Saved data entries:
────────────────────────────────────────
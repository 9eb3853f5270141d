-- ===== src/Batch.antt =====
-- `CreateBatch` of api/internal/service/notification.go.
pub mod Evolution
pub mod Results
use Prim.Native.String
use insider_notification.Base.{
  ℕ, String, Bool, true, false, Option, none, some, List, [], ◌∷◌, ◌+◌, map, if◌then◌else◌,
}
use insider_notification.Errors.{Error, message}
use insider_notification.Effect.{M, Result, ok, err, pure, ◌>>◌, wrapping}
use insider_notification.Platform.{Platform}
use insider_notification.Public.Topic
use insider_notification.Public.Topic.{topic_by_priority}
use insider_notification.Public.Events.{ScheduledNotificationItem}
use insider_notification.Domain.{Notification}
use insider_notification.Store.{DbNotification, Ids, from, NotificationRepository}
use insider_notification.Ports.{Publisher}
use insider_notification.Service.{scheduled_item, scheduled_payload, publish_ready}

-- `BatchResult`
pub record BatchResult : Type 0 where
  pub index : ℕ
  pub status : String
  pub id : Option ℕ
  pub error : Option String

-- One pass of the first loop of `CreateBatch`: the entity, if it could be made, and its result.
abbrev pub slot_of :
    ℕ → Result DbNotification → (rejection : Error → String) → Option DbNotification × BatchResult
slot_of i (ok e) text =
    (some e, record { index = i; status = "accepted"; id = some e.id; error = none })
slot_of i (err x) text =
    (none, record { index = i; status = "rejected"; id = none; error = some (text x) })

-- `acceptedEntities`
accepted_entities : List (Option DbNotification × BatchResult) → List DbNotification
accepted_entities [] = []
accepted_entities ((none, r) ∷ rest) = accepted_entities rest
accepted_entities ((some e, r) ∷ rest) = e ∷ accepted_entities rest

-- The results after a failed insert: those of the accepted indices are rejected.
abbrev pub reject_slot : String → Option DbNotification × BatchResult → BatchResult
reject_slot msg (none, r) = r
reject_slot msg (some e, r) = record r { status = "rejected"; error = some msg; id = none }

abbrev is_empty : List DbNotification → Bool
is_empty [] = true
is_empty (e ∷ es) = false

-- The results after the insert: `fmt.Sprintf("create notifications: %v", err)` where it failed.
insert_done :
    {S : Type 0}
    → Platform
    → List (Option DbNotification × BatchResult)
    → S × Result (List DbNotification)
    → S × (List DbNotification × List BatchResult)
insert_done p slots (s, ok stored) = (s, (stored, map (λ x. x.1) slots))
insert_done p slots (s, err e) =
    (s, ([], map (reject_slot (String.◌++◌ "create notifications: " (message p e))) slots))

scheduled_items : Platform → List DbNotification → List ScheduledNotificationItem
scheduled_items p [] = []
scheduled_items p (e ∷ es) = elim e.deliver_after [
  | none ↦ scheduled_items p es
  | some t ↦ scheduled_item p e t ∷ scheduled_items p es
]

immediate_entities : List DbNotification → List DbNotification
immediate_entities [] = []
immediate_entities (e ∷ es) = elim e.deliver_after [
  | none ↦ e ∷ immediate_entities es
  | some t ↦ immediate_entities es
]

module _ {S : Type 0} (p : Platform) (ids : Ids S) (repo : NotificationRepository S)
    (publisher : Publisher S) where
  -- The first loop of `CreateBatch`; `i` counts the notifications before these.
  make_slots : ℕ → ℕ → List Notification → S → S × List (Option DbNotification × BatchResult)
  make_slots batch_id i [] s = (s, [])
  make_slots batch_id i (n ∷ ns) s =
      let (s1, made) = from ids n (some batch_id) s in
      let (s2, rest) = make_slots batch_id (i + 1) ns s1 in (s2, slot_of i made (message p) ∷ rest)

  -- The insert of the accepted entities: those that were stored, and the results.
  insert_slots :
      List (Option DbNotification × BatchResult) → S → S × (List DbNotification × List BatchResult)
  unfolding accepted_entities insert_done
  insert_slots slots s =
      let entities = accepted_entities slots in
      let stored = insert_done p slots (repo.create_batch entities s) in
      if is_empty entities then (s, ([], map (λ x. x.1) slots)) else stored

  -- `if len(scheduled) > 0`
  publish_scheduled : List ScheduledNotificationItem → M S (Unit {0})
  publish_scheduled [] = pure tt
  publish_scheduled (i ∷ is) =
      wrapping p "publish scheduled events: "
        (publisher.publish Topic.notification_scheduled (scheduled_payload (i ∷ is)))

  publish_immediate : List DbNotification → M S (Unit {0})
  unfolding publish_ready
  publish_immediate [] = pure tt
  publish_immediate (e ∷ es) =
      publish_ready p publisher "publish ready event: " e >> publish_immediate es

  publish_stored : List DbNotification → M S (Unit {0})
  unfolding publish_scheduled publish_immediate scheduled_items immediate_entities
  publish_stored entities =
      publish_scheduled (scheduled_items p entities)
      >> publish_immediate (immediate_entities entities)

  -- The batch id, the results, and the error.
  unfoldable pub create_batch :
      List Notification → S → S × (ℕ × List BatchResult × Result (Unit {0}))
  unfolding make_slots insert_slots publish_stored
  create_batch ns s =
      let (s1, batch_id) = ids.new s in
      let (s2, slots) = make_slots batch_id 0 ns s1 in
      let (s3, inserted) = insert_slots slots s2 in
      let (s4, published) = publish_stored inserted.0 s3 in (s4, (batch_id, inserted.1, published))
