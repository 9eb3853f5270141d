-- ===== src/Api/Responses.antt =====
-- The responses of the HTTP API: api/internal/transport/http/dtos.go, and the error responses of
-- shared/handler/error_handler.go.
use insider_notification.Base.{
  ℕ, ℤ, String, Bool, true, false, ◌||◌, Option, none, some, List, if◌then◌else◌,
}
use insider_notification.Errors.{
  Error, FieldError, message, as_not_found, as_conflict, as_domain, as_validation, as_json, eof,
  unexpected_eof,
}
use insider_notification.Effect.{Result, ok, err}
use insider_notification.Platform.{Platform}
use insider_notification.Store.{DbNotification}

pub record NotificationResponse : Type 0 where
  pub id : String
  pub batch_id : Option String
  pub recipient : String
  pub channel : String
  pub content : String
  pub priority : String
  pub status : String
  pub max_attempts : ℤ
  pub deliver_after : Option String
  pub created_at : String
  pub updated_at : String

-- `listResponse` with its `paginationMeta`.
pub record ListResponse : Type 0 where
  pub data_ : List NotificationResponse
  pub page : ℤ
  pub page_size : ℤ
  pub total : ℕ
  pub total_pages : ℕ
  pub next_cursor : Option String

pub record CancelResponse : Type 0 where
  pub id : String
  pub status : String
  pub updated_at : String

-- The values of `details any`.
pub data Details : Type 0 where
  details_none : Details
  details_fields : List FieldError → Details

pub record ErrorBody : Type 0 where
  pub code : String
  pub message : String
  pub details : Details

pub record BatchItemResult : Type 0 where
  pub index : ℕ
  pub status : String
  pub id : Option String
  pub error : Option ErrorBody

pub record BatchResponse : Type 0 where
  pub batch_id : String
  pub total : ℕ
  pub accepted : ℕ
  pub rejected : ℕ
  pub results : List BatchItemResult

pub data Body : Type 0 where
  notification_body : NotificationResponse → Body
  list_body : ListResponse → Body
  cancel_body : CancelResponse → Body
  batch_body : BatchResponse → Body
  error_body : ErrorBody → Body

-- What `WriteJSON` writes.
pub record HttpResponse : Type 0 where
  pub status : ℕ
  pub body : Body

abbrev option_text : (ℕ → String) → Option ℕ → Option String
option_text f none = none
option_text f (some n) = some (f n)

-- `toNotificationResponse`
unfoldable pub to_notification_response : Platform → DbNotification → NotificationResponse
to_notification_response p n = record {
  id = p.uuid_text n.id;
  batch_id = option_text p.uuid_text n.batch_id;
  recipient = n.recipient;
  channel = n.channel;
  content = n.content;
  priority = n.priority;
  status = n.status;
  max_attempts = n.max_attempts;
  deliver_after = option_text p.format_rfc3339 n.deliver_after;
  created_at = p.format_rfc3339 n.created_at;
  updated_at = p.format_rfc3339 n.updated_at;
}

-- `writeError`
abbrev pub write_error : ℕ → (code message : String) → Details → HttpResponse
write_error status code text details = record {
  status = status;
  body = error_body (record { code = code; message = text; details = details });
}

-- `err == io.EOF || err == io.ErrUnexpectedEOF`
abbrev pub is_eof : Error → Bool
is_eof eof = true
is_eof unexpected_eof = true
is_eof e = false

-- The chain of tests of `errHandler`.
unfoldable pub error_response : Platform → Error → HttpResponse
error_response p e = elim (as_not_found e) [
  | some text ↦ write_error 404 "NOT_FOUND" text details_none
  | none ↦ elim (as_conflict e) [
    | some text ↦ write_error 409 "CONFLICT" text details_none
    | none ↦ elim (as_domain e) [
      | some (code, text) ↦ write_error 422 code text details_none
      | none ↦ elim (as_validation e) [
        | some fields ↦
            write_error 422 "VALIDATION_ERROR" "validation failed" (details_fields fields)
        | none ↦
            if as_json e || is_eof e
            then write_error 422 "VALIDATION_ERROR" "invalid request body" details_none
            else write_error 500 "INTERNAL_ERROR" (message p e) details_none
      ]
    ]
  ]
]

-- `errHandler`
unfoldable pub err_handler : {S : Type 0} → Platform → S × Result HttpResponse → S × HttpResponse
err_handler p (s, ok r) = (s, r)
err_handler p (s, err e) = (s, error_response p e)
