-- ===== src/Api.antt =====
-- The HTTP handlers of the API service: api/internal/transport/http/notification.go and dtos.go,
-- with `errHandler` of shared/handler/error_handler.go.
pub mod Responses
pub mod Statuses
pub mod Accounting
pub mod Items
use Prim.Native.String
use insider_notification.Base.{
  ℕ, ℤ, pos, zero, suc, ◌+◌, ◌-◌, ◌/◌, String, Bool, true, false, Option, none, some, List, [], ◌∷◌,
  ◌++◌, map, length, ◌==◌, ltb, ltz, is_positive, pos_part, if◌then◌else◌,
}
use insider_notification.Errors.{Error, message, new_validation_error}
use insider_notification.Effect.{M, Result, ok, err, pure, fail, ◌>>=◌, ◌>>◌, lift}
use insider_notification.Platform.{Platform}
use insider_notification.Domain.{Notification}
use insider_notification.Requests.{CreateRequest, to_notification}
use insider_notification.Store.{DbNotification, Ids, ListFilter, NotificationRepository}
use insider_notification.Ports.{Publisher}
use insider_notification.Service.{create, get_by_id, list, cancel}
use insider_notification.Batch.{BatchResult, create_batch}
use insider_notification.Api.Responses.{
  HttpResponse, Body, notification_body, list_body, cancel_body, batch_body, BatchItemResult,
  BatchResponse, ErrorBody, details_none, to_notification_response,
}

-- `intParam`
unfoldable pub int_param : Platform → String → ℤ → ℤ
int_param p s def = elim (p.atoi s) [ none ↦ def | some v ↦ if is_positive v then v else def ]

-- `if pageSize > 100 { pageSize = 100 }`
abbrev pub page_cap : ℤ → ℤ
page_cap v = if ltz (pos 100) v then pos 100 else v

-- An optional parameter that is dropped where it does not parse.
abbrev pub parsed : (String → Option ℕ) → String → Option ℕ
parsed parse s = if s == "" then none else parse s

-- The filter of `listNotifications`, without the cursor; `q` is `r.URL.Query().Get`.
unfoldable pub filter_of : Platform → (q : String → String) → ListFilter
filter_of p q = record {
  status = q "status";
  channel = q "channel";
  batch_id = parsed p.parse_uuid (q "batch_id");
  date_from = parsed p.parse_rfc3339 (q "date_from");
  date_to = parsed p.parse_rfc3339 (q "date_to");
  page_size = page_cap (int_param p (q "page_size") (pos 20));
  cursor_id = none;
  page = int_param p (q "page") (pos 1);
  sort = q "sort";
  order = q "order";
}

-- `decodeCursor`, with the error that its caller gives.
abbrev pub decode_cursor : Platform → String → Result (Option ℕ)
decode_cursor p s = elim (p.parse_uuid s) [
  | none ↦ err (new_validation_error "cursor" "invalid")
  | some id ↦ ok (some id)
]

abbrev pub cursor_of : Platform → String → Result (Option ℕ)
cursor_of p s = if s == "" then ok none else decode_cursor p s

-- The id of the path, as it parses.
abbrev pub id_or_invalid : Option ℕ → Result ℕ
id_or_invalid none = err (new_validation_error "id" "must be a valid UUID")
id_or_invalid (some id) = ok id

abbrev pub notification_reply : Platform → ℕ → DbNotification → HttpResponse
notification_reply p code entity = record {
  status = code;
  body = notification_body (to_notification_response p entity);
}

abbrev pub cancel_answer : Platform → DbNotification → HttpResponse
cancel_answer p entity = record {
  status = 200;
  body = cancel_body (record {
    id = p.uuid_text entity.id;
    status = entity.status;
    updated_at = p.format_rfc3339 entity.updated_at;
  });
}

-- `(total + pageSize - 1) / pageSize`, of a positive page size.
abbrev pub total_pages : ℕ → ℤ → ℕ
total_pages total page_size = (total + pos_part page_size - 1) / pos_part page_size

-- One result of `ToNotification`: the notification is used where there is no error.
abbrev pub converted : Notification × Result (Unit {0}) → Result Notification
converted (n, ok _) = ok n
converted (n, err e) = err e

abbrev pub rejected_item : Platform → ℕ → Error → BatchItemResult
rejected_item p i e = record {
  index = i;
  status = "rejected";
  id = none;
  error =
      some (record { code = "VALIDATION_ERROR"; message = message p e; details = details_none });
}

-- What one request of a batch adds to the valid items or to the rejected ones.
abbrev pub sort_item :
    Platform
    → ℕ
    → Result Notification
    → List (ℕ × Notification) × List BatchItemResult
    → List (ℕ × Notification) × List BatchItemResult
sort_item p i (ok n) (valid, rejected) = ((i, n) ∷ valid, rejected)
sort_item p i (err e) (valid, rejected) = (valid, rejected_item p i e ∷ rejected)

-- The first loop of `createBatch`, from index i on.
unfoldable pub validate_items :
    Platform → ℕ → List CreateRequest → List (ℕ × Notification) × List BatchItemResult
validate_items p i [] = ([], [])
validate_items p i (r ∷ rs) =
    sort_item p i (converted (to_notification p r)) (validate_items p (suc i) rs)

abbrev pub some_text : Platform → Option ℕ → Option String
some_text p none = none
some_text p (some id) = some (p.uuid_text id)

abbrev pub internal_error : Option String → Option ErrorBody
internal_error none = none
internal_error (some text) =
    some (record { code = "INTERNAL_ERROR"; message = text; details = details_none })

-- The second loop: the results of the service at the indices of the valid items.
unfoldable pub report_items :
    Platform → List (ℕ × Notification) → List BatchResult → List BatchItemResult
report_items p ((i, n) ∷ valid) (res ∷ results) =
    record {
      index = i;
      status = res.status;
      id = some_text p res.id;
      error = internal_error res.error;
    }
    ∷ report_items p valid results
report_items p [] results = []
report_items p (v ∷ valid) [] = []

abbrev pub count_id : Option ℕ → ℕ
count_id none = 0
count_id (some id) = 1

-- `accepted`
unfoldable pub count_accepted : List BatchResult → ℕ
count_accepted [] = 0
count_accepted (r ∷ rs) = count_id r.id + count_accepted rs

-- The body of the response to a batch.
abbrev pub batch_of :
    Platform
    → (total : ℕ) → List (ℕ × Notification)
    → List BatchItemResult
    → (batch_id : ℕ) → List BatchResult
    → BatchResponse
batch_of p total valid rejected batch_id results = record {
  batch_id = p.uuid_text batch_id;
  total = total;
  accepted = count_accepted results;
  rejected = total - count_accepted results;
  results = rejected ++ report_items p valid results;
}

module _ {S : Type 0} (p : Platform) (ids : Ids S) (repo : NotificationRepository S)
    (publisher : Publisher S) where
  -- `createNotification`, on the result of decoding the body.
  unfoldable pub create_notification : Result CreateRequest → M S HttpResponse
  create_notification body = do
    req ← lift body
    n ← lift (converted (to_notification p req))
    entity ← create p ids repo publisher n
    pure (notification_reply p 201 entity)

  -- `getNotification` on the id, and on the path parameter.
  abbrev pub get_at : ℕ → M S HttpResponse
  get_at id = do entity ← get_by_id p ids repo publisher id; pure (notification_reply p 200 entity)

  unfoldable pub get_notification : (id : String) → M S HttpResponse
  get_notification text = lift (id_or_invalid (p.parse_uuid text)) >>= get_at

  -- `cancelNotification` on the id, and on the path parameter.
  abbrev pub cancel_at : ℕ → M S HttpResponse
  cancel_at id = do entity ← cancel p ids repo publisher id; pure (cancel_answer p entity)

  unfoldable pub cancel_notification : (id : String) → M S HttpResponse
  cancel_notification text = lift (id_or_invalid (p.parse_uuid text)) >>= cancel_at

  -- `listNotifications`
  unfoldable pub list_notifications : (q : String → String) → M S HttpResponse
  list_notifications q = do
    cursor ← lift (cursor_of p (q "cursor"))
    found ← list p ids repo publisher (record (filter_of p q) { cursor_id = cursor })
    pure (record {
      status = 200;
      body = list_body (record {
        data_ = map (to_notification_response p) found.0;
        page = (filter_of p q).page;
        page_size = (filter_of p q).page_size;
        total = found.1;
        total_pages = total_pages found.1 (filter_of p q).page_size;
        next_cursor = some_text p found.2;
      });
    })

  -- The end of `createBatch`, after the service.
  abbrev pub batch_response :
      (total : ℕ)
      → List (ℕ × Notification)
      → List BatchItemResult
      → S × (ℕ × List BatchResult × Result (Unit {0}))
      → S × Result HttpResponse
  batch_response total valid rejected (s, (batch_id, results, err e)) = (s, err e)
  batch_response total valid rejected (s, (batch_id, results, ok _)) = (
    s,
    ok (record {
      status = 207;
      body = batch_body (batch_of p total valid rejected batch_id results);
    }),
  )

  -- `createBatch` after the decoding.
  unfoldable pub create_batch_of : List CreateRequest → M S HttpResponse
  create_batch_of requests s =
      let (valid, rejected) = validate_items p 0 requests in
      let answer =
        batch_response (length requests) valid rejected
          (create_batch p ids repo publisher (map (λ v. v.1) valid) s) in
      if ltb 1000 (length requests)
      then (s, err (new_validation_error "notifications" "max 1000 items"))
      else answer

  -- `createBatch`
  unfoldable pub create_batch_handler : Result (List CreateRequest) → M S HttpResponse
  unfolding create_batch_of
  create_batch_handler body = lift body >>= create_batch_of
────────────────────────────────────────
### Goal of the exercise
Looking at the data above, return every line from the one with "body = error_body" down to the one with "elim (as_conflict e)", exactly and inclusively.

### Answer to this problem
  body = error_body (record { code = code; message = text; details = details });
}

-- `err == io.EOF || err == io.ErrUnexpectedEOF`
abbrev pub is_eof : Error → Bool
is_eof eof = true
is_eof unexpected_eof = true
is_eof e = false

-- The chain of tests of `errHandler`.
unfoldable pub error_response : Platform → Error → HttpResponse
error_response p e = elim (as_not_found e) [
  | some text ↦ write_error 404 "NOT_FOUND" text details_none
  | none ↦ elim (as_conflict e) [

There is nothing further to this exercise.